Given that his reason for saying GPT-2 was too dangerous to release was that the world needed more time to prepare for the effects of this technology, and given that the following models were basically scaled-up versions of it and killed social media, news reporting and other kinds of communication, I'd say he was right about the dangers of it.
Assuming this article isn't written by an AI
In lieu of a technological moat, companies search for regulatory capture.
> It's a strange way for any company to talk about its own work. You don't hear McDonald's announcing that it's created a burger so terrifyingly delicious that it would be unethical to grill it for the public.

> Here's one theory.

But the author never gets back to this! It's the main observation the theory has to account for; why don't we see other companies speak this way, if it's such an effective strategy for deflecting non-apocalyptic concerns?

> why don't we see other companies speak this way

They do. Every company who promised us that their shitty cell phone app or website was going to change the world and revolutionize and disrupt industry/society was guilty of the same thing. They just usually focused their ridiculous levels of hype on the positives. The goal was the same. "Our technology is going to change the world so investors had better give us cash or else they will be left behind" is still the message.

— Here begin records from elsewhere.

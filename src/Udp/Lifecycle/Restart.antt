-- ===== src/Udp/Lifecycle/Restart.antt =====
-- Which orders of `Initialize`, `Start` and `Stop` work.
use gomcp.Prelude.{◌*◌, true, false, some, ◌≡◌, refl, arith}
use gomcp.Udp.Reliability.{
  ReliabilityManager, new_reliability_manager, millisecond, retransmit_exponential,
}
use gomcp.Udp.Transport.{Transport}
use gomcp.Udp.Lifecycle.{
  Socket, returned, failed_with, hangs, panics, initialize, begin, start, stop, not_closed,
}

-- `Start` on a transport with no connection never returns: it waits in `Initialize` for the lock
-- that it holds itself.
pub start_hangs :
    (os : Socket) (t : Transport)
    → t.running ≡ false
    → t.connected ≡ false
    → start os t ≡ (t, hangs)
unfolding start initialize begin
start_hangs os t r c = ground arith

stop-returned :
    (os : Socket) (t t' : Transport)
    → t.running ≡ true
    → stop os t ≡ (t', returned)
    → (t'.running ≡ false) × (t'.connected ≡ false)
unfolding stop
stop-returned os t t' r e = ground arith

-- A transport that was running and has been stopped without error cannot be started again: the
-- next `Start` hangs, whatever the network answers.
pub stop-start_hangs :
    (os os' : Socket) (t t' : Transport)
    → t.running ≡ true
    → stop os t ≡ (t', returned)
    → start os' t' ≡ (t', hangs)
stop-start_hangs os os' t t' r e =
    let idle = stop-returned os t t' r e in start_hangs os' t' idle.0 idle.1

-- A running transport whose connection fails to close stays running with its done channel closed,
-- so that the next `Stop` panics.
pub stop_twice_panics :
    (os os' : Socket) (t t' : Transport)
    → t.running ≡ true
    → stop os t ≡ (t', failed_with not_closed)
    → stop os' t' ≡ (t', panics)
unfolding stop
stop_twice_panics os os' t t' r e = ground arith

-- With reliability enabled a successful `Initialize` of an idle transport leaves a manager whose
-- retry limit is 5, whose intervals are half a second and ten seconds and whose strategy is
-- exponential, whatever the settings of the transport.
pub initialize_ignores_settings :
    (os : Socket) (t t' : Transport)
    → t.running ≡ false
    → t.reliability_enabled ≡ true
    → initialize os false t ≡ (t', returned)
    → (rm : ReliabilityManager) × (t'.reliability_manager ≡ some rm)
      × (rm.retry_limit ≡ 5)
      × (rm.initial_retry_interval ≡ 500 * millisecond)
      × (rm.max_retry_interval ≡ 10_000 * millisecond)
      × (rm.retry_strategy ≡ retransmit_exponential)
unfolding initialize new_reliability_manager
initialize_ignores_settings os t t' r on e =
    (new_reliability_manager t.reliability_level, ground arith, refl, refl, refl, refl)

I think this is just an advancement of what we saw with self-driving cars and how companies were pushing narratives around how every trucker will be out of work (this still hasn't happened) or how no individuals would own a car again while deflecting from things like how badly their cars performed in snow/rain or in anything other than very carefully controlled and mapped out conditions.

Article mentions a book "The AI Con" that argues that much of what is labeled "artificial intelligence" is a misleading term that obscures ordinary automation while concentrating power in a small number of technology firms.

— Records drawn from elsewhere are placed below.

-- ===== src/Udp/Send/Fragments.antt =====
-- The packets of a fragmented message: how many there are, what they carry, how long they are.
use gomcp.Prelude.{
  ℕ, zero, suc, ◌+◌, ◌-◌, ◌*◌, ◌≤◌, ◌≡◌, sym, ap, ◌∙◌, Bool, true, Option, some, List, [], ◌∷◌,
  ◌++◌, append_assoc, append-nil, ltb, ltb→lt, Bool-cases, inl, inr, drop-drop, arith, length, take,
  drop, take-add, take-all, length-drop, pos,
}
use gomcp.Udp.Transport.{Outcome, done}
use gomcp.Udp.Send.{
  Network, Sending, fragment_packet, deliver, and_then, fragment_at, send_fragments,
}

-- Fragment `i` of a message cut into pieces of `p` bytes; the last may be shorter.
abbrev pub piece : ℕ → List ℕ → ℕ → List ℕ
piece p message i = take p (drop (i * p) message)

-- The pieces from `i` on, `n` of them, joined.
abbrev pub joined : (ℕ → List ℕ) → ℕ → ℕ → List ℕ
joined c zero i = []
joined c (suc n) i = c i ++ joined c n (i + 1)

pub fragment_at-piece :
    (i p : ℕ) (message : List ℕ) → fragment_at i (pos p) message ≡ some (piece p message i)
unfolding fragment_at
fragment_at-piece i p message = elim (Bool-cases (ltb (length message) (i * p + p))) [
  | inl short ↦ rw short (
      ap {B = Option (List ℕ)} some (
        take-all (length message - i * p) rest (omega (arith, length-drop (i * p) message))
        ∙ sym (
            take-all p rest (
              omega
                (arith, length-drop (i * p) message, ltb→lt (length message) (i * p + p) short)))))
  | inr long ↦ rw long (
      ap {B = Option (List ℕ)} (λ (k : ℕ). some (take k rest))
        (let e : i * p + p - i * p ≡ p = omega arith in e))
]
  where
    rest : List ℕ
    rest = drop (i * p) message

joined-eq :
    (p : ℕ) (message : List ℕ) (n i : ℕ)
    → joined (piece p message) n i ≡ take (n * p) (drop (i * p) message)
joined-eq p message zero i =
    ap (λ (k : ℕ). take k (drop (i * p) message)) (let e : 0 ≡ 0 * p = omega arith in e)
joined-eq p message (suc n) i =
    ap (◌++◌ (piece p message i)) (
      joined-eq p message n (i + 1)
      ∙ ap (λ (k : ℕ). take (n * p) (drop k message))
          (let e : (i + 1) * p ≡ i * p + p = omega arith in e)
      ∙ ap (take (n * p)) (sym (drop-drop (i * p) p message)))
    ∙ sym (take-add p (n * p) (drop (i * p) message))
    ∙ ap (λ (k : ℕ). take k (drop (i * p) message))
        (let e : p + n * p ≡ suc n * p = omega arith in e)

-- All the pieces, enough to cover the message, make it up.
pub joined-message :
    (p : ℕ) (message : List ℕ) (n : ℕ)
    → length message ≤ n * p
    → joined (piece p message) n 0 ≡ message
joined-message p message n h =
    joined-eq p message n 0
    ∙ ap (λ (k : ℕ). take (n * p) (drop k message)) (let e : 0 * p ≡ 0 = omega arith in e)
    ∙ take-all (n * p) message h

-- The packets of the fragments, from `i` on.
abbrev pub packets_from : Bool → ℕ → ℕ → ℕ → List ℕ → ℕ → ℕ → List (List ℕ)
packets_from reliable id total p message zero i = []
packets_from reliable id total p message (suc n) i =
    fragment_packet reliable id total i (piece p message i)
    ∷ packets_from reliable id total p message n (i + 1)

-- Every call of the network succeeds.
pub record IsUp (net : Network) : Type 0 where
  pub deadline : (wire : List (List ℕ)) → net.deadline_set wire ≡ true
  pub write : (wire : List (List ℕ)) (packet : List ℕ) → net.written wire packet ≡ true

pub deliver-up :
    (net : Network) (timed : Bool) (wire : List (List ℕ)) (packet : List ℕ)
    → IsUp net
    → deliver net timed wire packet ≡ (wire ++ (packet ∷ []), done)
unfolding deliver
deliver-up net timed wire packet up = ground (arith, up.deadline wire, up.write wire packet)

-- On a network that is up the loop hands over exactly the packets of the remaining fragments.
pub send_fragments-up :
    (s : Sending) (p rounds i : ℕ) (wire : List (List ℕ))
    → IsUp s.net
    → s.max_payload ≡ pos p
    → send_fragments s rounds i wire
      ≡ (wire ++ packets_from s.reliable s.message_id s.total p s.message rounds i, done)
unfolding send_fragments and_then
send_fragments-up s p zero i wire up e = ap (λ w. (w, done)) (sym (append-nil wire))
send_fragments-up s p (suc rounds) i wire up e =
    rw (e, fragment_at-piece i p s.message, send_fragments)
      (rw (deliver-up s.net s.timed wire packet up) (
        send_fragments-up s p rounds (i + 1) (wire ++ (packet ∷ [])) up e
        ∙ ap {B = List (List ℕ) × Outcome} (λ w. (w, done)) (append_assoc wire (packet ∷ []) _)))
  where
    packet : List ℕ
    packet = fragment_packet s.reliable s.message_id s.total i (piece p s.message i)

So fear-mongering seems to be just a tool how to get attention and more customers.

Hey ma, I use very dangerous tool now. I am OG.

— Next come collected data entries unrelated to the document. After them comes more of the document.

-- ===== src/Udp/Receive/Copying.antt =====
-- The two loops of `reassembleMessage` join the fragments in the order of their indices.
use native.Mathlib.Nat.{mod-eq_of_lt}
use gomcp.Prelude.{
  ℕ, zero, suc, ◌+◌, ◌-◌, ◌%◌, ◌^◌, ◌<◌, ◌≡◌, refl, sym, ap, ◌∙◌, some, List, [], ◌++◌,
  append_assoc, arith, length, take, drop, replicate, take-append, drop-append, take-all, drop-drop,
  drop-replicate, length-append, length-replicate, Dict, lookup, nat_key, ok,
}
use gomcp.Udp.Transport.{FragmentInfo}
use gomcp.Udp.Send.Fragments.{joined}
use gomcp.Udp.Receive.{copy_at, total_size, copy_fragments, reassemble, reassemble_total}

copy_at-append :
    (before src : List ℕ) (r : ℕ)
    → copy_at (before ++ replicate (length src + r) 0) (length before) src
      ≡ (before ++ src) ++ replicate r 0
copy_at-append before src r =
    ap
      (λ w.
        w ++ (take (length whole - length before) src ++ drop (length before + length src) whole))
      (take-append before zeros)
    ∙ ap (λ w. before ++ (w ++ drop (length before + length src) whole))
        (take-all _ src
          (omega (arith, length-append before zeros, length-replicate (length src + r) (zero))))
    ∙ ap (λ w. before ++ (src ++ w))
        (sym (drop-drop (length before) (length src) whole)
          ∙ ap (drop (length src)) (drop-append before zeros)
          ∙ drop-replicate (length src) r 0)
    ∙ sym (append_assoc before src (replicate r 0))
  where
    zeros : List ℕ
    zeros = replicate (length src + r) 0

    whole : List ℕ
    whole = before ++ zeros

-- The fragments `i`, …, `i + n - 1` are there, with the given contents.
abbrev pub Holds : Dict ℕ FragmentInfo → (ℕ → List ℕ) → ℕ → ℕ → Type 0
Holds frs c zero i = Unit
Holds frs c (suc n) i =
    ((f : FragmentInfo) × (lookup i frs ≡ some f) × (f.content ≡ c i)) × Holds frs c n (i + 1)

total_size-Holds :
    (id : ℕ) (frs : Dict ℕ FragmentInfo) (c : ℕ → List ℕ) (n i size : ℕ)
    → Holds frs c n i
    → total_size id frs n i size ≡ ok (size + length (joined c n i))
unfolding total_size
total_size-Holds id frs c zero i size h = ap ok (omega arith)
total_size-Holds id frs c (suc n) i size ((f, e, same), h) =
    rw (e, total_size)
      (total_size-Holds id frs c n (i + 1) (size + length f.content) h
        ∙ ap ok (omega (arith, ap length same, length-append (c i) (joined c n (i + 1)))))

copy_fragments-Holds :
    (frs : Dict ℕ FragmentInfo) (c : ℕ → List ℕ) (n i : ℕ) (before : List ℕ)
    → Holds frs c n i
    → copy_fragments frs n i (length before) (before ++ replicate (length (joined c n i)) 0)
      ≡ before ++ joined c n i
unfolding copy_fragments
copy_fragments-Holds frs c zero i before h = refl
copy_fragments-Holds frs c (suc n) i before ((f, e, same), h) =
    rw (e, copy_fragments)
      (ap
          (λ (k : ℕ).
            copy_fragments frs n (i + 1) offset
              (copy_at (before ++ replicate k 0) (length before) src))
          (omega (arith, ap length same, length-append (c i) rest))
        ∙ ap (copy_fragments frs n (i + 1) offset) (copy_at-append before src (length rest))
        ∙ ap
            (λ (k : ℕ).
              copy_fragments frs n (i + 1) k ((before ++ src) ++ replicate (length rest) 0))
            (sym (length-append before src))
        ∙ copy_fragments-Holds frs c n (i + 1) (before ++ src) h
        ∙ append_assoc before src rest
        ∙ ap (λ w. before ++ (w ++ rest)) same)
  where
    src : List ℕ
    src = f.content

    rest : List ℕ
    rest = joined c n (i + 1)

    offset : ℕ
    offset = length before + length src

reassemble_total-Holds :
    (id : ℕ) (frs : Dict ℕ FragmentInfo) (c : ℕ → List ℕ) (n : ℕ)
    → Holds frs c n 0
    → reassemble_total id frs n ≡ ok (joined c n 0)
unfolding reassemble_total
reassemble_total-Holds id frs c n h =
    rw (total_size-Holds id frs c n 0 0 h, reassemble_total)
      (ap ok (
        ap (λ (k : ℕ). copy_fragments frs n 0 0 (replicate k 0))
          (let e : 0 + length (joined c n 0) ≡ length (joined c n 0) = omega arith in e)
        ∙ copy_fragments-Holds frs c n 0 [] h))

-- With all of its `n` fragments there, and nothing else, a message is reassembled as their contents
-- in the order of the indices.
pub reassemble-Holds :
    (id : ℕ) (frs : Dict ℕ FragmentInfo) (c : ℕ → List ℕ) (n : ℕ)
    → length frs ≡ n
    → n < 2 ^ 16
    → Holds frs c n 0
    → reassemble id frs ≡ ok (joined c n 0)
unfolding reassemble
reassemble-Holds id frs c n e small h =
    ap (reassemble_total id frs) (ap (λ (k : ℕ). k % 2 ^ 16) e ∙ mod-eq_of_lt small)
    ∙ reassemble_total-Holds id frs c n h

Why wouldn't they continue crying wolf when it always gets them free advertising from a gullible/complicit press?
"you will all lose your jobs and it will wipe out half of humanity."

If you lead with this, people will stop questioning why their sprint velocity hasn't increased 10 fold. Managers start asking leads, instead of hiring more devs can we add Agent.md to our repos?

The Apocalypse sells. They are afraid that you'll find out that AI is just another useful tool. That's the real threat, not to humanity, but to their hype.

Edit: i made a video about this recently: https://youtu.be/nB0Vz-fh8EI

> Why do AI companies want us to be afraid of them? ... According to critics, it benefits AI companies to keep you fixated on apocalypse because it distracts from the very real damage they're already doing to the world.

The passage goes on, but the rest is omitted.